Ensemble, donnons un autre avenir au Plessis-Robinson

Accueil » Le Plessis-Robinson » Finances » La vérité sur la dette dans les communes des Hauts-de-Seine


jeudi 12 février 2015
La vérité sur la dette dans les communes des Hauts-de-Seine

Pour comparer la dette des communes, on ne peut se limiter à prendre en compte la dette uniquement contractée au niveau communal, car les communes font souvent partie d’une communauté d’agglomération qui finance des investissements nécessaires aux activités déléguées par la commune concernée.

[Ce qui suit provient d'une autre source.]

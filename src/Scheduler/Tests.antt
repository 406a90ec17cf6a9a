-- ===== src/Scheduler/Tests.antt =====
-- Runs of the scheduler at small inputs.
use forge_ann.Prelude.{
  ℕ, ◌+◌, ◌*◌, ◌^◌, ◌-◌, ◌≤◌, ◌≡◌, refl, true, none, List, [], ◌∷◌, length, arith,
}
use forge_ann.Prelude.Usize.{IsCongruent}
use forge_ann.Scheduler.{
  QueuedLeaf, WorkGraph, ForgeannScheduler, new, add_task, remove_task, push_leaf, add_queued_work,
  add_queued_mem, update_peak_backlog, remove_queued_work, remove_queued_mem, start_leaf_execution,
  remove_inflight, pop_leaf,
}
use forge_ann.Scheduler.Budget.{
  SchedulerBudget, LeafBatchDrainPolicy, for_memory_budget, estimated_leaf_bytes,
}
use forge_ann.Scheduler.Budget.Bounds.{IsWithin, for_memory_budget-IsWithin}
use forge_ann.Scheduler.Threads.{
  System, Phase, started, next_step, takes, advances, Works, done, more, run, emits, works, Reach,
  here, next, pushing, crediting_work, crediting_mem, noting_peak, debiting_work, debiting_mem,
  starting, running, leaving,
}
use forge_ann.Scheduler.Threads.Tally.{sum, task, uncredited, undebited}
use forge_ann.Scheduler.Threads.Done.{
  IsIdle, outstanding-Done, Reach-Stops, queued_work_ms-credit, Reach-Works,
}
use forge_ann.Scheduler.Threads.Credit.{work_of}
use forge_ann.Scheduler.Threads.Ending.{steps_left}

abbrev budget : SchedulerBudget
budget = record {
  worker_count = 3;
  leaf_backlog_capacity = 2;
  producer_leaf_backlog_soft_limit = 0;
  large_leaf_min_size = 4096;
  leaf_block_rows = 1024;
}

abbrev graph : WorkGraph
graph = record { enable = true; quantum_ms = 5; min_tile_rows = 2; target_queue_ms = 10 }

abbrev policy : LeafBatchDrainPolicy
policy = record {
  enabled = true;
  max_leaves = 2;
  max_points = 10;
  min_backlog = 1;
  max_active_hydrations = 0;
  post_producer_scale = 1;
  post_producer_max_leaves = 2;
  post_producer_max_points = 10;
}

abbrev scheduler : ForgeannScheduler
scheduler = new budget graph policy

abbrev leaf_of : List ℕ → ℕ → QueuedLeaf
leaf_of ids work = record {
  leaf = ids;
  dataset = none;
  estimated_work_ms = work;
  estimated_mem_bytes = 4 * length ids + work;
}

abbrev first : QueuedLeaf
first = leaf_of (7 ∷ 8 ∷ 9 ∷ []) 10

-- The next step of a thread that is alone.
abbrev after : Phase → System → System
after p x = next_step x [] p []

abbrev emitted : System
emitted = record (started scheduler) { shared = add_task scheduler; threads = pushing first ∷ [] }

-- The leaf is in the queue, and its work is not credited yet.
abbrev queued : System
queued = after (pushing first) emitted

abbrev credited : System
credited = after noting_peak (after (crediting_mem first) (after (crediting_work first) queued))

abbrev popped : ForgeannScheduler
popped = record credited.shared { leaf_backlog = [] }

abbrev taken : System
taken = record credited { shared = popped; threads = debiting_work run first ∷ [] }

abbrev all_finished : System
all_finished = after (leaving first) (
    after (running first) (
      after (starting first)
        (after (debiting_mem run first) (after (debiting_work run first) taken))))

queues : Reach (started scheduler) queued
unfolding next_step new add_task remove_task push_leaf add_queued_work add_queued_mem
    update_peak_backlog remove_queued_work remove_queued_mem start_leaf_execution remove_inflight
    pop_leaf
queues = next (next here (emits first)) (works (advances [] (pushing first) [] refl))

credits : Works queued 3 credited
unfolding next_step new add_task remove_task push_leaf add_queued_work add_queued_mem
    update_peak_backlog remove_queued_work remove_queued_mem start_leaf_execution remove_inflight
    pop_leaf
credits =
    more
      (more (more done (advances [] (crediting_work first) [] refl))
        (advances [] (crediting_mem first) [] refl))
      (advances [] noting_peak [] refl)

runs : Works credited 6 all_finished
unfolding next_step new add_task remove_task push_leaf add_queued_work add_queued_mem
    update_peak_backlog remove_queued_work remove_queued_mem start_leaf_execution remove_inflight
    pop_leaf
runs =
    more
      (more
        (more
          (more
            (more (more done (takes run first popped refl))
              (advances [] (debiting_work run first) [] refl))
            (advances [] (debiting_mem run first) [] refl))
          (advances [] (starting first) [] refl))
        (advances [] (running first) [] refl))
      (advances [] (leaving first) [] refl)

outstanding-Done_example :
    (all_finished.shared.leaf_backlog ≡ [])
    × ((f : QueuedLeaf → ℕ)
        → sum f all_finished.accepted ≡ sum f all_finished.processed + sum f all_finished.discarded)
unfolding next_step new add_task remove_task push_leaf add_queued_work add_queued_mem
    update_peak_backlog remove_queued_work remove_queued_mem start_leaf_execution remove_inflight
    pop_leaf sum task
outstanding-Done_example =
    outstanding-Done budget graph policy (Reach-Works (Reach-Works queues credits) runs)
      (omega arith) refl

Reach-Stops_example :
    (n : ℕ) × (y : System) × Works queued n y
    × IsIdle y
    × (n ≤ steps_left queued)
    × (y.shared.outstanding_leaf_tasks ≡ 0)
    × ((f : QueuedLeaf → ℕ) → sum f y.accepted ≡ sum f y.processed + sum f y.discarded)
Reach-Stops_example = Reach-Stops budget graph policy queues

queued_work_ms-credit_example :
    IsCongruent
      (queued.shared.queued_work_ms + sum uncredited queued.threads)
      (sum work_of queued.shared.leaf_backlog + sum undebited queued.threads)
queued_work_ms-credit_example = queued_work_ms-credit budget graph policy queues refl

-- Before the push is credited, another thread may debit it: the counter is then near 2 ^ 64.
early_debit :
    (next_step
      (record queued {
        shared = record queued.shared { leaf_backlog = [] };
        threads = debiting_work run first ∷ queued.threads;
      })
      []
      (debiting_work run first)
      queued.threads).shared.queued_work_ms
    ≡ 2 ^ 64 - 10
unfolding next_step new add_task remove_task push_leaf add_queued_work add_queued_mem
    update_peak_backlog remove_queued_work remove_queued_mem start_leaf_execution remove_inflight
    pop_leaf
early_debit = refl

for_memory_budget-IsWithin_example :
    IsWithin (estimated_leaf_bytes 100) 1000000 (for_memory_budget 4 100 1000000)
for_memory_budget-IsWithin_example = for_memory_budget-IsWithin 4 100 1000000 (omega arith)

Avec 2 570 € par habitant, Le Plessis-Robinson est ainsi, dans le département, à la quatrième place des communes les plus endettées, après Levallois-Perret, Sceaux et Châtenay-Malabry. Entre 2008 et 2013, sa dette a augmenté de 1 651 € par habitant, la plus forte progression du département !

Le Plessis-Robinson fait partie de la CAHB   (Communauté d’agglomération des Hauts-de-Bièvre) à qui elle a délégué bon nombre de ces compétences. C’est pourquoi, nous avions ré-intégrés les impôts locaux versés aux intercommunalités dans notre classement mais ces compétences se traduisent aussi par le portage d’une partie des investissements. Par exemple, la CAHB   finance le futur théâtre du Pôle culturel, ce qui représente le tiers des investissements liés à l’équipement.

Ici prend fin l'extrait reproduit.